The link function is a function g such that \eta_i = g(\mu_i) for i = 1, \dots, n. The function g is assumed to be known, and is something which the data modeler picks.

If \eta_i = g(\mu_i) = \mu_i, the link function is called the identity link. If \eta_i = g(\mu_i) = Q(\theta_i), the link function is called the canonical link.

In a GLM, we wish to estimate the \beta_j‘s. This in turn gives us an estimate for the g(\mu_i)‘s, which will give us an estimate for the \mu_i‘s.

Example 1: Logistic regression

With binary data, we assume that Y_i \sim \text{Bern}(\pi_i). We can write the probability mass function as

\begin{aligned} f(y_i; \pi_i) &= \pi_i^{y_i} (1-\pi_i)^{1-y_i} \\  &= (1 - \pi_i) [\pi_i / (1 - \pi_i)]^{y_i} \\  &= (1 - \pi_i) \exp \left[ y_i \log \left( \frac{\pi_i}{1 - \pi_i} \right) \right]. \end{aligned}

To match this to the earlier formula for exponential families, take \theta_i = \pi_i, a(\theta_i) = 1 - \theta_i, b(y_i) = 1 and Q(\theta_i) = \log [\theta_i / (1 - \theta_i)]. The natural parameter for this family is Q(\pi_i) = \log [\pi_i / (1 - \pi_i)].
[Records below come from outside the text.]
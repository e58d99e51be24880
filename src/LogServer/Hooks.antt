-- ===== src/LogServer/Hooks.antt =====
-- The hook of nwep/src/logserver.rs over the life of a log server.
use nwep_rs.Base.{
  ℕ, ◌<◌, ◌≡◌, ◌⊎◌, inl, inr, refl, ◌∙◌, true, false, none, some, List, [], ◌∷◌, ◌++◌, arith,
}
use nwep_rs.Lifecycle.{
  Handle, dangles, step, replay, replay-append, Below, Below-suc, contains-Below, fresh,
}
use nwep_rs.LogServer.{LogServer, on_append, drop, Op, appends, dispatches, perform, perform_all}

-- The C side has the hook that the field names, and it is alive.
pub record Agrees (s : LogServer) (h : Handle) : Type 0 where
  pub is_open : h.is_open ≡ true
  pub same : h.installed ≡ s.hook
  pub alive : dangles h ≡ false
  pub numbered : Below s.boxes h.freed
  pub hook_numbered : (s.hook ≡ none) ⊎ ((b : ℕ) × (s.hook ≡ some b) × (b < s.boxes))

perform-Agrees :
    (s : LogServer) (op : Op) (h : Handle)
    → Agrees s h
    → (h' : Handle) × (replay h (perform s op).1 ≡ some h') × Agrees (perform s op).0 h'
unfolding perform replay step
perform-Agrees s appends h a = on_append-Agrees s h a.hook_numbered a
  where
    on_append-Agrees :
        (s : LogServer) (h : Handle)
        → ((s.hook ≡ none) ⊎ ((b : ℕ) × (s.hook ≡ some b) × (b < s.boxes)))
        → Agrees s h
        → (h' : Handle) × (replay h (on_append s).1 ≡ some h') × Agrees (on_append s).0 h'
    on_append-Agrees s h (inl e) a = (
      record h { installed = some s.boxes },
      ground arith,
      ground
          (arith, contains-Below s.boxes h.freed a.numbered, Below-suc s.boxes h.freed a.numbered),
    )
    on_append-Agrees s h (inr (b, e, lt)) a = (
      record h { installed = some s.boxes; freed = b ∷ h.freed },
      ground arith,
      ground
          (arith, contains-Below s.boxes h.freed a.numbered, Below-suc s.boxes h.freed a.numbered),
    )
perform-Agrees s dispatches h a = (h, ground arith, a)

perform_all-Agrees :
    (s : LogServer) (ops : List Op) (h : Handle)
    → Agrees s h
    → (h' : Handle) × (replay h (perform_all s ops).1 ≡ some h') × Agrees (perform_all s ops).0 h'
unfolding perform_all replay
perform_all-Agrees s [] h a = (h, refl, a)
perform_all-Agrees s (op ∷ ops) h a =
    let (h₁, e₁, a₁) = perform-Agrees s op h a in
    let (h₂, e₂, a₂) = perform_all-Agrees (perform s op).0 ops h₁ a₁ in
    (h₂, replay-append h (perform s op).1 (perform_all (perform s op).0 ops).1 e₁ ∙ e₂, a₂)

abbrev pub made : LogServer
made = record { hook = none; boxes = 0 }

made-Agrees : Agrees made fresh
made-Agrees = record {
  is_open = refl;
  same = refl;
  alive = refl;
  numbered = tt;
  hook_numbered = inl refl;
}

-- Before it is dropped, a log server breaks no rule, whatever is done with it: the library's hook is
-- the one that the field names, it is alive whenever the library may run it, and no box is freed
-- twice.
pub perform_all-follows :
    (ops : List Op)
    → (h : Handle) × (replay fresh (perform_all made ops).1 ≡ some h)
      × (h.is_open ≡ true)
      × (h.installed ≡ (perform_all made ops).0.hook)
perform_all-follows ops =
    let (h, e, a) = perform_all-Agrees made ops fresh made-Agrees in (h, e, a.is_open, a.same)

drop-cases :
    (s : LogServer) (h : Handle)
    → Agrees s h
    → ((s.hook ≡ none) × (replay h (drop s) ≡ some (record h { is_open = false })))
      ⊎ ((b : ℕ) × (s.hook ≡ some b) × (replay h (drop s) ≡ none))
unfolding drop replay step
drop-cases s h a = ground arith

-- Dropping a log server whose hook was set passes the freed handle to C, to clear the hook; without
-- a hook the drop breaks no rule and frees the handle.
pub drop_lem :
    (ops : List Op)
    → let (s, events) = perform_all made ops in
      ((h : Handle) × (s.hook ≡ none)
        × (replay fresh (events ++ drop s) ≡ some h)
        × (h.is_open ≡ false))
      ⊎ ((b : ℕ) × (s.hook ≡ some b) × (replay fresh (events ++ drop s) ≡ none))
drop_lem ops =
    let (h, e, a) = perform_all-Agrees made ops fresh made-Agrees in
    let (s, events) = perform_all made ops in
    let joined = replay-append fresh events (drop s) e in
    elim (drop-cases s h a) [
      | inl (n, q) ↦ inl (record h { is_open = false }, n, joined ∙ q, refl)
      | inr (b, n, q) ↦ inr (b, n, joined ∙ q)
    ]
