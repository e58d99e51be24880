-- ===== src/LogServer/Tests.antt =====
-- Instances for the hook of nwep/src/logserver.rs.
use nwep_rs.Base.{ℕ, ◌≡◌, ◌⊎◌, true, false, none, some, List, [], ◌∷◌, ◌++◌}
use nwep_rs.Lifecycle.{Handle, replay, fresh}
use nwep_rs.LogServer.{drop, Op, appends, dispatches, perform_all}
use nwep_rs.LogServer.Hooks.{made, perform_all-follows, drop_lem}

abbrev hooked : List Op
hooked = appends ∷ dispatches ∷ appends ∷ []

perform_all-follows_example :
    (h : Handle) × (replay fresh (perform_all made hooked).1 ≡ some h)
    × (h.is_open ≡ true)
    × (h.installed ≡ (perform_all made hooked).0.hook)
perform_all-follows_example = perform_all-follows hooked

drop_lem_example :
    let (s, events) = perform_all made hooked in
    ((h : Handle) × (s.hook ≡ none)
      × (replay fresh (events ++ drop s) ≡ some h)
      × (h.is_open ≡ false))
    ⊎ ((b : ℕ) × (s.hook ≡ some b) × (replay fresh (events ++ drop s) ≡ none))
drop_lem_example = drop_lem hooked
In logistic regression, we take the link function to be the canonical link. That is, our systematic component is

\begin{aligned} \log \left( \frac{\pi_i}{1 - \pi_i} \right) = \sum_{j=1}^p \beta_j x_{ij}, \quad i = 1, \dots, n. \end{aligned}

Example 2: Poisson regression

Assume that our data is count data, and that the time period over which the count data was collected is the same across i. A simple model is to assume that Y_i \sim \text{Poisson}(\mu_i). We can write the probability mass function as

\begin{aligned} f(y_i ; \mu_i) = \frac{\mu_i^{y_i} e^{-\mu_i} }{y_i !} = e^{-\mu_i} \frac{1}{y_i !} \exp (y_i \log \mu_i). \end{aligned}

To match this to the earlier formula for exponential families, take \theta_i = \mu_i, a(\theta_i) = \exp(-\theta_i), b(y_i) = 1 / {y_i} ! and Q(\theta_i) = \log \theta_i. The natural parameter for this family is Q(\mu_i) = \log \mu_i.
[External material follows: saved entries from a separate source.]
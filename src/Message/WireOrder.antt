-- ===== src/Message/WireOrder.antt =====
-- What the iterator of nwep/src/message.rs yields.
use nwep_rs.Base.{
  ℕ, zero, suc, pos, ◌+◌, ◌-◌, ◌≤◌, ◌<◌, ◌≡◌, ◌≢◌, refl, sym, ap, ◌∙◌, inl, inr, true, false,
  Option, none, some, List, [], ◌∷◌, Bytes, length, arith, eq_ℤ, eq_ℤ→eq, Bool-cases, Option-cases,
}
use mathlib.Core.Path.{subst}
use nwep_rs.Message.{
  MessageApi, HeaderAt, Headers, new, item, str_or_empty, advance, size_hint, collect,
}

-- A text that libnwep gives, empty where it does not decode.
pub data TextOf (api : MessageApi) (s : Bytes) : Bytes → Type 0 where
  decodes : api.utf8 s ≡ true → TextOf api s s
  undecoded : api.utf8 s ≡ false → TextOf api s []

-- The name and the value of a header, in this order; both are empty where libnwep refuses the index or has no
-- text for one of them.
pub data Reads (api : MessageApi) (h : HeaderAt) : Bytes → Bytes → Type 0 where
  refused : h.rc ≢ pos 0 → Reads api h [] []
  unnamed : h.name ≡ none → Reads api h [] []
  unvalued : h.value ≡ none → Reads api h [] []
  texts :
      {n v name value : Bytes}
      → h.rc ≡ pos 0
      → h.name ≡ some n
      → h.value ≡ some v
      → TextOf api n name
      → TextOf api v value
      → Reads api h name value

-- The headers from an index on, one for each index, in the order of the indices.
pub data ReadsFrom (api : MessageApi) : ℕ → ℕ → List (Bytes × Bytes) → Type 0 where
  at_end : {i : ℕ} → ReadsFrom api i 0 []
  next :
      {i n : ℕ} {name value : Bytes} {xs : List (Bytes × Bytes)}
      → Reads api (api.header_at i) name value
      → ReadsFrom api (i + 1) n xs
      → ReadsFrom api i (suc n) ((name, value) ∷ xs)

str_or_empty-TextOf : (api : MessageApi) (s : Bytes) → TextOf api s (str_or_empty api s)
unfolding str_or_empty
str_or_empty-TextOf api s = elim (Bool-cases (api.utf8 s)) [
  | inl e ↦ rw (str_or_empty, e) (decodes e)
  | inr e ↦ rw (str_or_empty, e) (undecoded e)
]

item-Reads : (api : MessageApi) (h : HeaderAt) → Reads api h (item api h).0 (item api h).1
unfolding item
item-Reads api h = elim (Bool-cases (eq_ℤ h.rc (pos 0))) [
  | inr e ↦
      seen ([], []) (ground (arith, e))
        (refused (λ z. absurd (ground (arith, e, ap (λ c. eq_ℤ c (pos 0)) z))))
  | inl e ↦ elim (Option-cases h.name) [
    | inl f ↦ seen ([], []) (ground (arith, e, f)) (unnamed f)
    | inr (n, f) ↦ elim (Option-cases h.value) [
      | inl g ↦ seen ([], []) (ground (arith, e, f, g)) (unvalued g)
      | inr (v, g) ↦
          seen (str_or_empty api n, str_or_empty api v) (ground (arith, e, f, g))
            (texts (eq_ℤ→eq h.rc (pos 0) e) f g (str_or_empty-TextOf api n)
              (str_or_empty-TextOf api v))
    ]
  ]
]
  where
    seen :
        (p : Bytes × Bytes)
        → item api h ≡ p
        → Reads api h p.0 p.1
        → Reads api h (item api h).0 (item api h).1
    seen p q r = subst (λ x. Reads api h x.0 x.1) (sym q) r

-- What a loop over the iterator gives, where it ends.
pub data Yields (api : MessageApi) (i n : ℕ) : Option (List (Bytes × Bytes)) → Type 0 where
  yields :
      {xs : List (Bytes × Bytes)} → ReadsFrom api i n xs → length xs ≡ n → Yields api i n (some xs)

collect_more :
    (fuel : ℕ) (api : MessageApi) (h : Headers)
    → h.next < h.count
    → collect (suc fuel) api h ≡ elim (collect fuel api (record h { next = h.next + 1 })) [
      | none ↦ none
      | some xs ↦ some (item api (api.header_at h.next) ∷ xs)
    ]
unfolding collect advance
collect_more fuel api h l = ground arith

collect-Yields :
    (n fuel : ℕ) (api : MessageApi) (h : Headers)
    → h.next + n ≡ h.count
    → n < fuel
    → Yields api h.next n (collect fuel api h)
unfolding collect advance
collect-Yields n zero api h e l = absurd (omega arith)
collect-Yields zero (suc fuel) api h e l =
    let stop : collect (suc fuel) api h ≡ some [] = ground arith in
    subst (Yields api h.next 0) (sym stop) (yields at_end refl)
collect-Yields (suc n) (suc fuel) api h e l =
    subst (Yields api h.next (suc n)) (sym (collect_more fuel api h (omega (arith, e)))) (
      go (collect fuel api (record h { next = h.next + 1 })) (
        collect-Yields n fuel api (record h { next = h.next + 1 }) (omega (arith, e))
          (omega (arith, l))))
  where
    go :
        (r : Option (List (Bytes × Bytes)))
        → Yields api (h.next + 1) n r
        → Yields api h.next
            (suc n)
            (elim r [ none ↦ none | some xs ↦ some (item api (api.header_at h.next) ∷ xs) ])
    go _ (yields rs len) =
        yields (next (item-Reads api (api.header_at h.next)) rs) (omega (arith, len))

-- The iterator after `k` calls of `next`.
abbrev pub advanced : ℕ → MessageApi → Headers → Headers
advanced zero api h = h
advanced (suc k) api h = advanced k api (advance api h).1

advanced_lem :
    (k : ℕ) (api : MessageApi) (h : Headers)
    → h.next + k ≤ h.count
    → ((advanced k api h).next ≡ h.next + k) × ((advanced k api h).count ≡ h.count)
unfolding advance
advanced_lem zero api h l = (omega arith, refl)
advanced_lem (suc k) api h l =
    let e : (advance api h).1 ≡ record h { next = h.next + 1 } = ground arith in
    let (a, b) = advanced_lem k api (record h { next = h.next + 1 }) (omega (arith, l)) in
    (
      ap (λ (g : Headers). (advanced k api g).next) e ∙ a ∙ omega arith,
      ap (λ (g : Headers). (advanced k api g).count) e ∙ b,
    )

-- After `k` calls of `next`, on a message that has as many headers, a loop over the iterator ends, and yields one
-- pair for each other index, in the order of the indices: the name and then the value of the header, each
-- empty where it does not decode, and both empty where libnwep has none; `size_hint` is their number.
pub collect_lem :
    (api : MessageApi) (k : ℕ)
    → k ≤ api.header_count
    → (xs : List (Bytes × Bytes)) × (collect (suc api.header_count) api (advanced k api (new api))
        ≡ some xs)
      × ReadsFrom api k (api.header_count - k) xs
      × (size_hint (advanced k api (new api)) ≡ length xs)
unfolding size_hint new
collect_lem api k h =
    let (at, count) = advanced_lem k api (new api) (omega (arith, h)) in
    let start : (advanced k api (new api)).next ≡ k = at ∙ omega arith in
    go (collect (suc api.header_count) api (advanced k api (new api)))
      (collect-Yields (api.header_count - k) (suc api.header_count) api (advanced k api (new api))
        (omega (arith, start, count, h)) (omega arith))
      start count refl
  where
    go :
        (r : Option (List (Bytes × Bytes)))
        → Yields api (advanced k api (new api)).next (api.header_count - k) r
        → (advanced k api (new api)).next ≡ k
        → (advanced k api (new api)).count ≡ api.header_count
        → collect (suc api.header_count) api (advanced k api (new api)) ≡ r
        → (xs : List (Bytes × Bytes)) × (collect
              (suc api.header_count)
              api
              (advanced k api (new api))
            ≡ some xs)
          × ReadsFrom api k (api.header_count - k) xs
          × (size_hint (advanced k api (new api)) ≡ length xs)
    go _ (yields {xs = xs} rs len) start count q = (
      xs,
      q,
      subst (λ i. ReadsFrom api i (api.header_count - k) xs) start rs,
      omega (arith, start, count, len),
    )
In Poisson loglinear regression, we take the link function to be the canonical link, and so the systematic component is

\begin{aligned} \log \mu_i = \sum_{j=1}^p \beta_j x_{ij}, \quad i = 1, \dots, n. \end{aligned}

Extending the GLM to exponential dispersion families

For the random component of GLMs, we assume that Y_i has the probability density (or mass) function of the form

\begin{aligned} f(y_i ; \theta_i) = a(\theta_i) b(y_i) \exp [y_i Q(\theta_i)]. \end{aligned}

In some cases, it helps to add an additional parameter, called the dispersion parameter, to model the data more accurately. For example, by using the Poisson distribution for count data, we assume that \text{Var}(Y_i) = \mu_i = \mathbb{E}[Y_i], which may not be the case.

With this new dispersion parameter \phi, it is common to write the PDF/PMF of Y_i in the form

\begin{aligned} f(y_i ; \theta_i, \phi) = \exp \left[ \frac{y_i \theta_i - b(\theta_i)}{a(\phi)} + c(y_i, \phi) \right]. \end{aligned}

When \phi is known, the above reduces to the exponential family that we introduced at first, and we can use all the GLM machinery. Usually \phi is not known: what we can do is estimate it first, then treat it as known for the rest of the GLM procedure.

References:

  1. Agresti, A. Categorical Data Analysis (3rd ed), Chapter 4.